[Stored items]
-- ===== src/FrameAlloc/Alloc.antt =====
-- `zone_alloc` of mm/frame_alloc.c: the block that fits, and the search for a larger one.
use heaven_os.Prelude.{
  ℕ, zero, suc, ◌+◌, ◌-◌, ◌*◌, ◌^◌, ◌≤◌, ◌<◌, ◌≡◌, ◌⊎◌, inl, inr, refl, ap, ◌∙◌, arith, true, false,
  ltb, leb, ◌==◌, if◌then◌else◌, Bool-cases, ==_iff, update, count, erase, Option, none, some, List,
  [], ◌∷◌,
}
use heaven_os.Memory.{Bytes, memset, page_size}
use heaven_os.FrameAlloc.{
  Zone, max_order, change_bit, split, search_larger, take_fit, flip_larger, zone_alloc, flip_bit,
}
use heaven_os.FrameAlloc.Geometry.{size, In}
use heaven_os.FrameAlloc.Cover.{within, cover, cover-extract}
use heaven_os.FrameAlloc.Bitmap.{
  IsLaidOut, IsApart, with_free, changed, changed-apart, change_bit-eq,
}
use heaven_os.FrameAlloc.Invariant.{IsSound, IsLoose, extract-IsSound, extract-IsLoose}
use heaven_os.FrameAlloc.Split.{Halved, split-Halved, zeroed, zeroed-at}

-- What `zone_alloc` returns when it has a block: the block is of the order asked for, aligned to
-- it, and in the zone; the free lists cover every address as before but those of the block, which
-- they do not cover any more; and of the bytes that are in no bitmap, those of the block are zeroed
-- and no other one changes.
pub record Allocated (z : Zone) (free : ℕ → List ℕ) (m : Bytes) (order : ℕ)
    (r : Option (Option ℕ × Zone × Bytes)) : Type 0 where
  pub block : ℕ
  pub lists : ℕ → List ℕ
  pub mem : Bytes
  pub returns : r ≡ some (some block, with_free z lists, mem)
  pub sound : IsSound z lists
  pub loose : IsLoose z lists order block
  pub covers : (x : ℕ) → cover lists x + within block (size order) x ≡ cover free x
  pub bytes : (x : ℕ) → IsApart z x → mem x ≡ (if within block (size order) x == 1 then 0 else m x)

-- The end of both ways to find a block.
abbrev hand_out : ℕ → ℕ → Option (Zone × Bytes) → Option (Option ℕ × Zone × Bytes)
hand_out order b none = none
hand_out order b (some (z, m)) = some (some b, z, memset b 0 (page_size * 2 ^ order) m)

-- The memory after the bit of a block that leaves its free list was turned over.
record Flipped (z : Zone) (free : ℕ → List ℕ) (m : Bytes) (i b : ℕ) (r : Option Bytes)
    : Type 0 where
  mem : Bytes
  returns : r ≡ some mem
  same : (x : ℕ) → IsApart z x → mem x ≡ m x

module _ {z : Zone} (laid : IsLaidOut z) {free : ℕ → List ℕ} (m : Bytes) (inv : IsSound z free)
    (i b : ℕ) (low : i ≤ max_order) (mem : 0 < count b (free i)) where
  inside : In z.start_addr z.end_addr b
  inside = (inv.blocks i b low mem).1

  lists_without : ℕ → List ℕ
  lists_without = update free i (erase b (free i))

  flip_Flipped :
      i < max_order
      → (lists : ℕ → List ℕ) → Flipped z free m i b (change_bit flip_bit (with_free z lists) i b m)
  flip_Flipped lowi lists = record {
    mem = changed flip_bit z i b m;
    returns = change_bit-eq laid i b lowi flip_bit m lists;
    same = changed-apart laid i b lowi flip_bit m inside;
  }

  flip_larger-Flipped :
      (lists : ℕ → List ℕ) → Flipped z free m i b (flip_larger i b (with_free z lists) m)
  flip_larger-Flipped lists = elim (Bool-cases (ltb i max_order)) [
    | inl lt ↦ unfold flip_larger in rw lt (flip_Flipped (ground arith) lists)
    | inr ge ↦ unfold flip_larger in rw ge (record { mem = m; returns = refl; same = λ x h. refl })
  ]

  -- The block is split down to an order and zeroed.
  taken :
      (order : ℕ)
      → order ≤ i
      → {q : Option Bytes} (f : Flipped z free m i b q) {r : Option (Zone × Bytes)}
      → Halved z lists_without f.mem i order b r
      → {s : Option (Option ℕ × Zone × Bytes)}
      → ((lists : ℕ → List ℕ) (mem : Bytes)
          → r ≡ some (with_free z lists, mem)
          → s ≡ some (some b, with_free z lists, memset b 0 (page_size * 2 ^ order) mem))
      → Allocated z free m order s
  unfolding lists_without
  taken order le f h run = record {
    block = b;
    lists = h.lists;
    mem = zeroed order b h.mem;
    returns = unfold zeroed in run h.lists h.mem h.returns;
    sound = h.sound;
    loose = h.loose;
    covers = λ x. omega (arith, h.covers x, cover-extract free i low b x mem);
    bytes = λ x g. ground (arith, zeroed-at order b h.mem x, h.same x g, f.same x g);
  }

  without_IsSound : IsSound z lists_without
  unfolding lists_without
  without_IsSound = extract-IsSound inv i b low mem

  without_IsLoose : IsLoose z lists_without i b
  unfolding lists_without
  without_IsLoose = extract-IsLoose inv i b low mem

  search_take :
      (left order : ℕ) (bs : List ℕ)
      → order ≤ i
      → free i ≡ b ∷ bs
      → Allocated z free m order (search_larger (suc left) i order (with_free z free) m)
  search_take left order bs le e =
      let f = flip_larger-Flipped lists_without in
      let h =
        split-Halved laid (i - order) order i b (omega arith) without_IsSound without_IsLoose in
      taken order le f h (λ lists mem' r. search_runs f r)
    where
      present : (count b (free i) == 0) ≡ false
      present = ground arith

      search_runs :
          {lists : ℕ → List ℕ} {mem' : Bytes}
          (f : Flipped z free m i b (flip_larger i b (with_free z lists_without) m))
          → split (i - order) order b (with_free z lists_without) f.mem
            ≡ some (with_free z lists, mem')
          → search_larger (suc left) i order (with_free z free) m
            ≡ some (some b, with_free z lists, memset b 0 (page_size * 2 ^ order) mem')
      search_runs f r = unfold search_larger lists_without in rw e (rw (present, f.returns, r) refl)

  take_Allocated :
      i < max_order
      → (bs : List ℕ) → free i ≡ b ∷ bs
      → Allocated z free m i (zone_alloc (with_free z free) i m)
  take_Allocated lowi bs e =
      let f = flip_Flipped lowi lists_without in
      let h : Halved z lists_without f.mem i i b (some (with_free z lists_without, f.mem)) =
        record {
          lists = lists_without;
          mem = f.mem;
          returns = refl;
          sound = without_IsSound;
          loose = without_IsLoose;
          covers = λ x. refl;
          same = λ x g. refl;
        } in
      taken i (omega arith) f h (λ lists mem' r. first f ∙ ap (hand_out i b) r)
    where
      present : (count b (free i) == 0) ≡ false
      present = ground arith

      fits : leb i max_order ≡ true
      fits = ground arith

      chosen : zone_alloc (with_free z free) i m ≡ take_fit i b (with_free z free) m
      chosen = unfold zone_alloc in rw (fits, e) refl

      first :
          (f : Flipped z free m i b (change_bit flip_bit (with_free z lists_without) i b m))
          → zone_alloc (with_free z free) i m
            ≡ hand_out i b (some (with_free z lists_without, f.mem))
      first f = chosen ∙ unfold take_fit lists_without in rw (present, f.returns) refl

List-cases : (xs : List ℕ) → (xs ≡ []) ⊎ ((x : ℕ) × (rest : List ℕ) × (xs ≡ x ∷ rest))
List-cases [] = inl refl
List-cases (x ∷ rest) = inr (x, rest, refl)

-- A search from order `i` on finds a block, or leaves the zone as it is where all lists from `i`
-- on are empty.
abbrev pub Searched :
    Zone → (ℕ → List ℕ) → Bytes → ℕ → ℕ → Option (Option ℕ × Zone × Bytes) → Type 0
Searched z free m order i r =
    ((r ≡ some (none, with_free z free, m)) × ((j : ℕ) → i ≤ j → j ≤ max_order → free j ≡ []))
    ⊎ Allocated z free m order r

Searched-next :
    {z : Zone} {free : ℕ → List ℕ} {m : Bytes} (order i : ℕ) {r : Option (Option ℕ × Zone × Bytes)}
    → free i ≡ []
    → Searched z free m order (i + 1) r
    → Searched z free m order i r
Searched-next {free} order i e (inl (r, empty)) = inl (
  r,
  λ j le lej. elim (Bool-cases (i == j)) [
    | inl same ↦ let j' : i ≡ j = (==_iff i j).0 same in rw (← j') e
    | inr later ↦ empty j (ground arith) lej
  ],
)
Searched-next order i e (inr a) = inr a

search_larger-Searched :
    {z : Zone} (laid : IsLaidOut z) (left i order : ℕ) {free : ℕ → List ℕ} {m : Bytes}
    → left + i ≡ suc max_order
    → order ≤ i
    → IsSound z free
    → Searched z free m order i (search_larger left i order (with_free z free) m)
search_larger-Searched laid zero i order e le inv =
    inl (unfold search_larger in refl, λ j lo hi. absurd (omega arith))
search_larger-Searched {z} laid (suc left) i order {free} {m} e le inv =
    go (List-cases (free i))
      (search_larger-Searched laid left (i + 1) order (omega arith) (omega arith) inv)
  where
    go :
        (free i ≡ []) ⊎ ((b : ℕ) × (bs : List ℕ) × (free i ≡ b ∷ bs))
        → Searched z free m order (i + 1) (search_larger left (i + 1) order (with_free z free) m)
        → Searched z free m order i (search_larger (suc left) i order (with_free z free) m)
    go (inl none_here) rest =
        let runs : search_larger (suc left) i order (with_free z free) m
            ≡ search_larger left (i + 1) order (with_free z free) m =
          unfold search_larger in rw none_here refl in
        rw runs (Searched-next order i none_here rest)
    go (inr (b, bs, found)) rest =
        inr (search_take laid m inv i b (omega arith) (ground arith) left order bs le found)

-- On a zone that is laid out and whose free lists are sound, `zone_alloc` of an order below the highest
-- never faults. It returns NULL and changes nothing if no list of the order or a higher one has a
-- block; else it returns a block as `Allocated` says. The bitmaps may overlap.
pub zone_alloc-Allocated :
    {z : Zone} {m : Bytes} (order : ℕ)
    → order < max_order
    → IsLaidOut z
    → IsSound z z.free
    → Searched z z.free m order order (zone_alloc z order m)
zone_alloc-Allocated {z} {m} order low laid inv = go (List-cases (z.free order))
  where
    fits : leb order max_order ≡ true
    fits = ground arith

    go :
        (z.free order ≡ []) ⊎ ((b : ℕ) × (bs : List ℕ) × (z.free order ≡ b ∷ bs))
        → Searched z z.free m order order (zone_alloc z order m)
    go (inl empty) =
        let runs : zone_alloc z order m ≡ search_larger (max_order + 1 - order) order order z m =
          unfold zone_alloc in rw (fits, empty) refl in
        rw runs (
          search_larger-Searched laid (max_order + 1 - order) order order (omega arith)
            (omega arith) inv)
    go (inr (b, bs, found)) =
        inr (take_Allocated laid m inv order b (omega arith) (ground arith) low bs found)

### [Required work]
Locate the word "chosen" in the entries, and copy every line where it is found.

### [Exercise result]
      chosen : zone_alloc (with_free z free) i m ≡ take_fit i b (with_free z free) m
      chosen = unfold zone_alloc in rw (fits, e) refl
      first f = chosen ∙ unfold take_fit lists_without in rw (present, f.returns) refl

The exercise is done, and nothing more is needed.